* **The problem**
The answer is a single figure: how many lines below contain the word "statuses".

Dataset entries
= = =

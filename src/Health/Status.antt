-- ===== src/Health/Status.antt =====
-- src/typesense_lite/health.py: what the status of the cluster says of the voters.
use typesense_python.Base.{
  ltb, leb, ◌==◌, if◌then◌else◌, Bool-cases, nat_eq, length, any, all, text_eq, ℕ, suc, ◌+◌, ◌/◌,
  ◌≤◌, ◌≡◌, refl, sym, ◌∙◌, inl, inr, Bool, true, false, ◌&&◌, List, [], ◌∷◌, map, arith,
}
use typesense_python.Base.Count.{count}
use typesense_python.Health.{
  NodeHealth, Health, is_voter_ready, status_of, is_unavailable, is_healthy, cluster_status,
}
use typesense_python.Health.Health.{healthy, degraded, unavailable}

count-all :
    (voters : List NodeHealth)
    → (count is_voter_ready voters ≤ length voters)
      × ((count is_voter_ready voters == length voters) ≡ all is_voter_ready voters)
unfolding count
count-all [] = ground arith
count-all (v ∷ vs) = let (le, same) = count-all vs in ground (arith, le, same)

-- Less than a majority of the voters is ready.
abbrev pub lacks_majority : List NodeHealth → Bool
lacks_majority voters = ltb (count is_voter_ready voters) (length voters / 2 + 1)

abbrev grade : ℕ → ℕ → Health
grade n r =
    if ltb 0 n && (r == n) then healthy else if leb (n / 2 + 1) r then degraded else unavailable

grade_healthy : (n r : ℕ) → is_healthy (grade (suc n) r) ≡ (r == suc n)
grade_healthy n r = ground arith

grade_unavailable : (n r : ℕ) → r ≤ suc n → is_unavailable (grade (suc n) r) ≡ ltb r (suc n / 2 + 1)
grade_unavailable n r h = ground arith

status_of_lem :
    (v : NodeHealth) (vs : List NodeHealth)
    → (is_healthy (status_of (v ∷ vs)) ≡ all is_voter_ready (v ∷ vs))
      × (is_unavailable (status_of (v ∷ vs)) ≡ lacks_majority (v ∷ vs))
unfolding status_of
status_of_lem v vs =
    let (le, same) = count-all (v ∷ vs) in
    (
      grade_healthy (length vs) (count is_voter_ready (v ∷ vs)) ∙ same,
      grade_unavailable (length vs) (count is_voter_ready (v ∷ vs)) le,
    )

-- The voters of a shard, of which there is one at least, its primary.
abbrev pub Voters : Type 0
Voters = NodeHealth × List NodeHealth

abbrev pub statuses : List Voters → List Health
statuses shards = map (λ (s : Voters). status_of (s.0 ∷ s.1)) shards

any-lacks :
    (shards : List Voters)
    → any is_unavailable (statuses shards) ≡ any (λ (s : Voters). lacks_majority (s.0 ∷ s.1)) shards
any-lacks [] = refl
any-lacks ((v, vs) ∷ shards) = rw ((status_of_lem v vs).1, any-lacks shards) refl

all-ready :
    (shards : List Voters)
    → all is_healthy (statuses shards) ≡ all (λ (s : Voters). all is_voter_ready (s.0 ∷ s.1)) shards
all-ready [] = refl
all-ready ((v, vs) ∷ shards) = rw ((status_of_lem v vs).0, all-ready shards) refl

not_both : (xs : List Health) → any is_unavailable xs ≡ true → all is_healthy xs ≡ false
not_both [] h = absurd (ground (arith, h))
not_both (healthy ∷ xs) h = not_both xs h
not_both (degraded ∷ xs) h = refl
not_both (unavailable ∷ xs) h = refl

verdict :
    (x : Health) (xs : List Health)
    → (is_unavailable (cluster_status (x ∷ xs)) ≡ any is_unavailable (x ∷ xs))
      × (is_healthy (cluster_status (x ∷ xs)) ≡ all is_healthy (x ∷ xs))
unfolding cluster_status
verdict x xs = elim (Bool-cases (any is_unavailable (x ∷ xs))) [
  | inl e ↦ rw e (refl, sym (not_both (x ∷ xs) e))
  | inr e ↦ elim (Bool-cases (all is_healthy (x ∷ xs))) [
    | inl f ↦ rw (e, f) (refl, refl)
    | inr f ↦ rw (e, f) (refl, refl)
  ]
]

-- A cluster of one shard at least is reported as unavailable if and only if less than a majority of the
-- voters of some shard is ready. It is reported as healthy if and only if all voters of all shards are
-- ready.
pub cluster_status_lem :
    (s : Voters) (shards : List Voters)
    → (is_unavailable (cluster_status (statuses (s ∷ shards)))
        ≡ any (λ (x : Voters). lacks_majority (x.0 ∷ x.1)) (s ∷ shards))
      × (is_healthy (cluster_status (statuses (s ∷ shards)))
          ≡ all (λ (x : Voters). all is_voter_ready (x.0 ∷ x.1)) (s ∷ shards))
unfolding cluster_status
cluster_status_lem s shards =
    let (u, h) = verdict (status_of (s.0 ∷ s.1)) (statuses shards) in
    (u ∙ any-lacks (s ∷ shards), h ∙ all-ready (s ∷ shards))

= = =

* **Answer section**
7